Stephen W. Kearny led the first military expedition to South Pass in 1845. By 1848, 18,487 Americans had crossed the pass, and over 300,000 by 1860.

Gold had been discovered in the gulches near the pass as early as 1842. However, it was not until 1867, when an ore sample was transported to Salt Lake City, that an influx of miners descended into the region. The gold rush led to the establishment of booming mining communities, such as South Pass City and Atlantic City. The placer gold in the streams was exhausted quickly, however, and by 1870 the miners began leaving the region. In 1884, Emile Granier, a French mining engineer, established a hydraulic mining operation that allowed gold mining to continue. Gold mining was revived in nearby Rock Creek in the 1930s.

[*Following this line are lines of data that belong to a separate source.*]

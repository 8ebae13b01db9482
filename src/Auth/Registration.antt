-- ===== src/Auth/Registration.antt =====
-- `AuthService.register` of auth/service.py. In a controlled beta the advisory lock makes a
-- registration one step; the invite is locked for the transaction.
use zhiniu.Prelude.{
  ℕ, Bool, true, false, not, ◌&&◌, ◌||◌, Option, none, some, List, [], ◌∷◌, ◌++◌, codes, find,
  is_some, map, text_eq, any_by, count_by, ltb, ◌==◌, if◌then◌else◌,
}
use zhiniu.DateTime.{DateTime, not_after}
use zhiniu.AccessControl.Codes.{inv, code_hmac}
use zhiniu.AccessControl.Store.{User, RegistrationInviteRecord, RegistrationInviteBatchRecord}
use zhiniu.Auth.Store.{
  AuthDb, Request, BetaInviteRecipientRecord, BetaInviteCohortRecord, Result, ok,
  registration_closed, beta_capacity_reached, invalid_or_unavailable_invitation, integrity_error,
  email_already_registered, ◌>>=◌, ◌>>◌, require, or_raise, except_integrity,
}
use zhiniu.Auth.Legal.{Acceptances, validate_registration_acceptances, registration_acceptances}
use zhiniu.Auth.Sessions.{
  AuthenticatedSession, normalize_email, is_active, user_by_email, create_session_record,
}
use zhiniu.Auth.Emails.{create_email_verification, deliver_email}
use zhiniu.Auth.Passwords.{validate_password}

-- access_control/service.py
abbrev pub basic_plan_version_id : ℕ
basic_plan_version_id = 0x10000000000040008000000000000008

-- DEFAULT_WATCHLIST_NAME
abbrev pub default_watchlist_name : List ℕ
default_watchlist_name = codes "核心观察"

-- `recipient_email_hmac` of invite_beta/security.py
abbrev pub recipient_email_hmac : Request → List ℕ → ℕ
recipient_email_hmac rq email =
    rq.hmac rq.settings.registration_invite_hmac_secret
      (codes "BETA-INVITE:" ++ normalize_email rq email)

abbrev pub get_invite : AuthDb → ℕ → Option RegistrationInviteRecord
get_invite db digest = find (λ i. i.code_hmac == digest) db.access.invites

abbrev pub get_invite_batch : AuthDb → ℕ → Option RegistrationInviteBatchRecord
get_invite_batch db batch_id = find (λ b. b.id == batch_id) db.access.invite_batches

abbrev pub same_id : Option ℕ → ℕ → Bool
same_id none id = false
same_id (some x) id = x == id

abbrev pub get_recipient : AuthDb → ℕ → Option BetaInviteRecipientRecord
get_recipient db invite_id = find (λ r. same_id r.invite_id invite_id) db.recipients

abbrev pub get_cohort : AuthDb → ℕ → Option BetaInviteCohortRecord
get_cohort db cohort_id = find (λ c. c.id == cohort_id) db.cohorts

-- A controlled beta has room for one more active user.
abbrev pub has_capacity : Request → AuthDb → Bool
has_capacity rq db =
    if text_eq rq.settings.beta_mode (codes "controlled")
    then ltb (count_by is_active db.access.users) rq.settings.beta_max_active_users
    else true

-- The invite of a code, with its batch, while it may be used.
unfoldable pub usable_invite : Request → AuthDb → List ℕ → Result RegistrationInviteRecord
usable_invite rq db invitation_code = do
  digest ←
      or_raise (code_hmac rq.hmac invitation_code inv rq.settings.registration_invite_hmac_secret)
        invalid_or_unavailable_invitation
  invite ← or_raise (get_invite db digest) invalid_or_unavailable_invitation
  batch ← or_raise (get_invite_batch db invite.batch_id) invalid_or_unavailable_invitation
  require
      (not (
        is_some invite.consumed_at
        || is_some invite.revoked_at
        || is_some batch.revoked_at
        || not_after invite.expires_at rq.now
        || not_after batch.expires_at rq.now))
      invalid_or_unavailable_invitation
  ok invite

-- An invite for a recipient of a beta is good for that address, in an active cohort, once.
abbrev pub recipient_fits : Request → AuthDb → List ℕ → BetaInviteRecipientRecord → Bool
recipient_fits rq db email recipient = elim (get_cohort db recipient.cohort_id) [
  | none ↦ false
  | some cohort ↦
      text_eq cohort.status (codes "active")
      && text_eq recipient.status (codes "queued")
      && (recipient.email_hmac == recipient_email_hmac rq email)
]

abbrev pub check_recipient :
    Request → AuthDb → List ℕ → Option BetaInviteRecipientRecord → Result (Unit {0})
check_recipient rq db email none = ok tt
check_recipient rq db email (some recipient) =
    require (recipient_fits rq db email recipient) invalid_or_unavailable_invitation

abbrev pub new_user : Request → List ℕ → List ℕ → User
new_user rq email password = record {
  id = rq.user_uuid;
  email = email;
  password_hash = rq.hash_password password;
  base_plan_version_id = basic_plan_version_id;
  status = codes "active";
  last_login_at = some rq.now;
  email_verified_at = none;
  password_changed_at = none;
}

abbrev pub consume_invite :
    DateTime → ℕ → ℕ → List RegistrationInviteRecord → List RegistrationInviteRecord
consume_invite now user_id invite_id rows =
    map
      (λ i.
        if i.id == invite_id
        then record i { consumed_by_user_id = some user_id; consumed_at = some now }
        else i)
      rows

abbrev pub register_recipient : Request → AuthDb → Option BetaInviteRecipientRecord → AuthDb
register_recipient rq db none = db
register_recipient rq db (some recipient) = record db {
  recipients =
      map
        (λ r.
          if r.id == recipient.id
          then record r {
            user_id = some rq.user_uuid;
            status = codes "registered";
            registered_at = some rq.now;
          }
          else r)
        db.recipients;
  onboarding =
      db.onboarding
      ++ record {
        user_id = rq.user_uuid;
        recipient_id = recipient.id;
        schema_version = codes "invite-beta-onboarding-v1";
      }
        ∷ [];
}

-- A recipient has one onboarding state.
abbrev pub is_onboarded : AuthDb → Option BetaInviteRecipientRecord → Bool
is_onboarded db none = false
is_onboarded db (some recipient) = any_by (λ o. o.recipient_id == recipient.id) db.onboarding

-- The rows that are pending when the session is created.
unfoldable pub with_registration :
    Request
    → AuthDb
    → User
    → RegistrationInviteRecord
    → Option BetaInviteRecipientRecord
    → Acceptances
    → AuthDb
unfolding registration_acceptances
with_registration rq db user invite recipient acceptances =
    register_recipient rq
      (record db {
        access = record db.access {
          users = db.access.users ++ user ∷ [];
          invites = consume_invite rq.now user.id invite.id db.access.invites;
        };
        watchlists =
            db.watchlists
            ++ record { user_id = user.id; name = default_watchlist_name; is_default = true } ∷ [];
        alert_settings = db.alert_settings ++ record { user_id = user.id } ∷ [];
        acceptances = db.acceptances ++ registration_acceptances rq user.id acceptances;
      })
      recipient

-- The part inside `try`.
unfoldable pub finish_registration :
    Request → AuthDb → User → Result (AuthenticatedSession × AuthDb)
unfolding create_session_record create_email_verification deliver_email
finish_registration rq db user = do
  created ← create_session_record rq db user
  verification ← create_email_verification rq created.1 user
  ok (created.0, (deliver_email rq verification.1).1)

-- The checks before the first write.
unfoldable pub admit_registration :
    Request → AuthDb → List ℕ → List ℕ → List ℕ → Acceptances → Result RegistrationInviteRecord
unfolding validate_password validate_registration_acceptances usable_invite
admit_registration rq db email password invitation_code acceptances = do
  validate_password password rq.settings.auth_password_min_length
  require (text_eq rq.settings.registration_mode (codes "invite_only")) registration_closed
  validate_registration_acceptances acceptances
  require (has_capacity rq db) beta_capacity_reached
  invite ← usable_invite rq db invitation_code
  check_recipient rq db email (get_recipient db invite.id)
  ok invite

-- `register`. The address is unique in the table of users, which the flush of the new user checks
-- before the `try` begins; within it the error of a unique constraint is turned into another.
unfoldable pub register :
    Request
    → AuthDb
    → List ℕ
    → List ℕ
    → List ℕ
    → Acceptances
    → Result (AuthenticatedSession × AuthDb)
unfolding admit_registration with_registration finish_registration
register rq db email password invitation_code acceptances = do
  let normalized = normalize_email rq email
  invite ← admit_registration rq db normalized password invitation_code acceptances
  let user = new_user rq normalized password
  require (not (is_some (user_by_email db normalized))) integrity_error
  let recipient = get_recipient db invite.id
  except_integrity email_already_registered (
      require (not (is_onboarded db recipient)) integrity_error
      >> finish_registration rq (with_registration rq db user invite recipient acceptances) user)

Additionally, from 1962 through 1983, a U.S. Steel iron ore mine operated in Atlantic City, and the company's Atlantic City Mine Railroad crossed South Pass.

After passage of the Pacific Telegraph Act of 1860, South Pass Station was established in 1861, at Last Crossing on the Sweetwater River.
South Pass was designated a National Historic Landmark in 1961.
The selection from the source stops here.